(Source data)
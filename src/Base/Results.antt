-- ===== src/Base/Results.antt =====
-- How a call of the program's C++ code ends.
use mathlib.Core.Path.{◌≡◌, refl}

-- `returned a` returns `a`; `exited` is `exit(EXIT_FAILURE)` behind a message on stderr; `aborted` is a
-- failed `assert` or an uncaught exception; `running` is a loop that is still going when the fuel is
-- used up.
pub data Run {ℓ} (A : Type ℓ) : Type ℓ where
  returned : A → Run A
  exited : Run A
  aborted : Run A
  running : Run A

infixl 5 ◌>>=◌ ◌>>◌
abbrev pub ◌>>=◌ {ℓ κ} : {A : Type ℓ} {B : Type κ} → Run A → (A → Run B) → Run B
returned a >>= f = f a
exited >>= f = exited
aborted >>= f = aborted
running >>= f = running

abbrev pub ◌>>◌ {ℓ} : {B : Type ℓ} → Run (Unit {0}) → Run B → Run B
m >> k = m >>= λ _. k

-- Inversion of a bind that returns.
pub >>=-eq-returned {ℓ κ} :
    {A : Type ℓ} {B : Type κ} (m : Run A) (f : A → Run B) {b : B}
    → (m >>= f) ≡ returned b
    → (a : A) × (m ≡ returned a) × (f a ≡ returned b)
>>=-eq-returned (returned a) f h = (a, refl, h)
>>=-eq-returned exited f h = cc
>>=-eq-returned aborted f h = cc
>>=-eq-returned running f h = cc

pub returned-injective {ℓ} : {A : Type ℓ} {a b : A} → returned a ≡ returned b → a ≡ b
returned-injective e = cc

pub exited-ne-returned {ℓ} : {A : Type ℓ} {a : A} → exited ≡ returned a → ⊥
exited-ne-returned e = cc

pub running-ne-returned {ℓ} : {A : Type ℓ} {a : A} → running ≡ returned a → ⊥
running-ne-returned e = cc

pub aborted-ne-returned {ℓ} : {A : Type ℓ} {a : A} → aborted ≡ returned a → ⊥
aborted-ne-returned e = cc
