-- ===== src/Os.antt =====
-- The system calls that the socket layer makes (src/core/socket_server), as an interface: the
-- operating system is not part of the repository. `World` is the system as one process sees it; a
-- call may also move whatever the other processes do meanwhile.
use multisim.Base.{ℕ, Bool, Option, List, Bytes}

-- The values of `errno` that the code tells apart.
pub data Errno : Type 0 where
  eagain ewouldblock eintr : Errno
  other : ℕ → Errno

-- An `ssize_t` result: a count, or -1 with the `errno` that the call left.
pub data Ret : Type 0 where
  count : ℕ → Ret
  failed : Errno → Ret

-- What `read` gives: the bytes that it stored, whose number it returns, or -1.
pub data Input : Type 0 where
  bytes : Bytes → Input
  no_bytes : Errno → Input

-- The events of a `poll` on one descriptor.
pub data Events : Type 0 where
  pollin pollout : Events

-- A network interface of getifaddrs(): its name, and its address in print if it has one of AF_INET.
pub record Interface : Type 0 where
  pub name : Bytes
  pub inet : Option Bytes

-- Where a call returns a descriptor, `none` is a negative result; where it returns 0 or a negative
-- number, the Boolean says that it was 0.
pub record Os : Type 1 where
  pub World : Type 0
  -- send(fd, buf, size, MSG_NOSIGNAL), of the bytes given
  pub send : World → ℕ → Bytes → Ret × World
  -- read(fd, buf, size)
  pub read : World → ℕ → ℕ → Input × World
  -- poll(&pfd, 1, -1) for one event, with no time limit: whether the call ever comes back, and the
  -- system when it has
  pub comes_back : World → ℕ → Events → Bool
  pub wait : World → ℕ → Events → World
  pub close : World → ℕ → World
  -- socket(AF_INET, SOCK_STREAM, 0) and socket(AF_UNIX, SOCK_STREAM, 0)
  pub socket_inet : World → Option ℕ × World
  pub socket_unix : World → Option ℕ × World
  -- fcntl(fd, F_SETFL, O_NONBLOCK)
  pub set_nonblock : World → ℕ → World
  -- bind() to a port of INADDR_ANY, and to a path
  pub bind_inet : World → ℕ → ℕ → Bool × World
  pub bind_unix : World → ℕ → Bytes → Bool × World
  -- listen(fd, 8)
  pub listen : World → ℕ → Bool × World
  -- poll(pfd, n, 0) for POLLIN on each descriptor: the POLLIN bits of `revents`, or `none` for a
  -- result of 0 or -1
  pub poll_in : World → List ℕ → Option (List Bool) × World
  pub accept : World → ℕ → Option ℕ × World
  -- getifaddrs() and freeifaddrs(), `none` for -1
  pub interfaces : World → Option (List Interface) × World
  -- mkdir(path, 0777)
  pub mkdir : World → Bytes → World
  pub realpath : World → Bytes → Option Bytes × World
  pub unlink : World → Bytes → World
  -- open(path, O_RDONLY | O_DIRECTORY)
  pub open_dir : World → Bytes → Option ℕ × World
  -- fopen(path, "w+"), the text printed, and fclose(); false where fopen() gives NULL
  pub write_file : World → Bytes → Bytes → Bool × World
  -- fopen(path, "r") and the text read from it; `none` where fopen() gives NULL
  pub read_file : World → Bytes → Option Bytes × World
  -- fopen(path, "a"), the text printed, and fclose(); false where fopen() gives NULL
  pub append_file : World → Bytes → Bytes → Bool × World
  -- connect() to a path, and to a port of an address; inet_pton() of the address
  pub connect_unix : World → ℕ → Bytes → Bool × World
  pub connect_inet : World → ℕ → Bytes → ℕ → Bool × World
  pub inet_pton : Bytes → Bool
  -- usleep(100000)
  pub sleep : World → World
  -- fcntl(fd, F_SETFL, flags) with flags that lack O_NONBLOCK
  pub set_blocking : World → ℕ → World
  pub getpid : World → ℕ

**TASK STATEMENT**
Above are the entries. Copy exactly the part that opens with the line containing "other : ℕ → Errno" and closes with the line containing "pub socket_unix : World → Option ℕ × World", and no more.

**SOLUTION**
  other : ℕ → Errno

-- An `ssize_t` result: a count, or -1 with the `errno` that the call left.
pub data Ret : Type 0 where
  count : ℕ → Ret
  failed : Errno → Ret

-- What `read` gives: the bytes that it stored, whose number it returns, or -1.
pub data Input : Type 0 where
  bytes : Bytes → Input
  no_bytes : Errno → Input

-- The events of a `poll` on one descriptor.
pub data Events : Type 0 where
  pollin pollout : Events

-- A network interface of getifaddrs(): its name, and its address in print if it has one of AF_INET.
pub record Interface : Type 0 where
  pub name : Bytes
  pub inet : Option Bytes

-- Where a call returns a descriptor, `none` is a negative result; where it returns 0 or a negative
-- number, the Boolean says that it was 0.
pub record Os : Type 1 where
  pub World : Type 0
  -- send(fd, buf, size, MSG_NOSIGNAL), of the bytes given
  pub send : World → ℕ → Bytes → Ret × World
  -- read(fd, buf, size)
  pub read : World → ℕ → ℕ → Input × World
  -- poll(&pfd, 1, -1) for one event, with no time limit: whether the call ever comes back, and the
  -- system when it has
  pub comes_back : World → ℕ → Events → Bool
  pub wait : World → ℕ → Events → World
  pub close : World → ℕ → World
  -- socket(AF_INET, SOCK_STREAM, 0) and socket(AF_UNIX, SOCK_STREAM, 0)
  pub socket_inet : World → Option ℕ × World
  pub socket_unix : World → Option ℕ × World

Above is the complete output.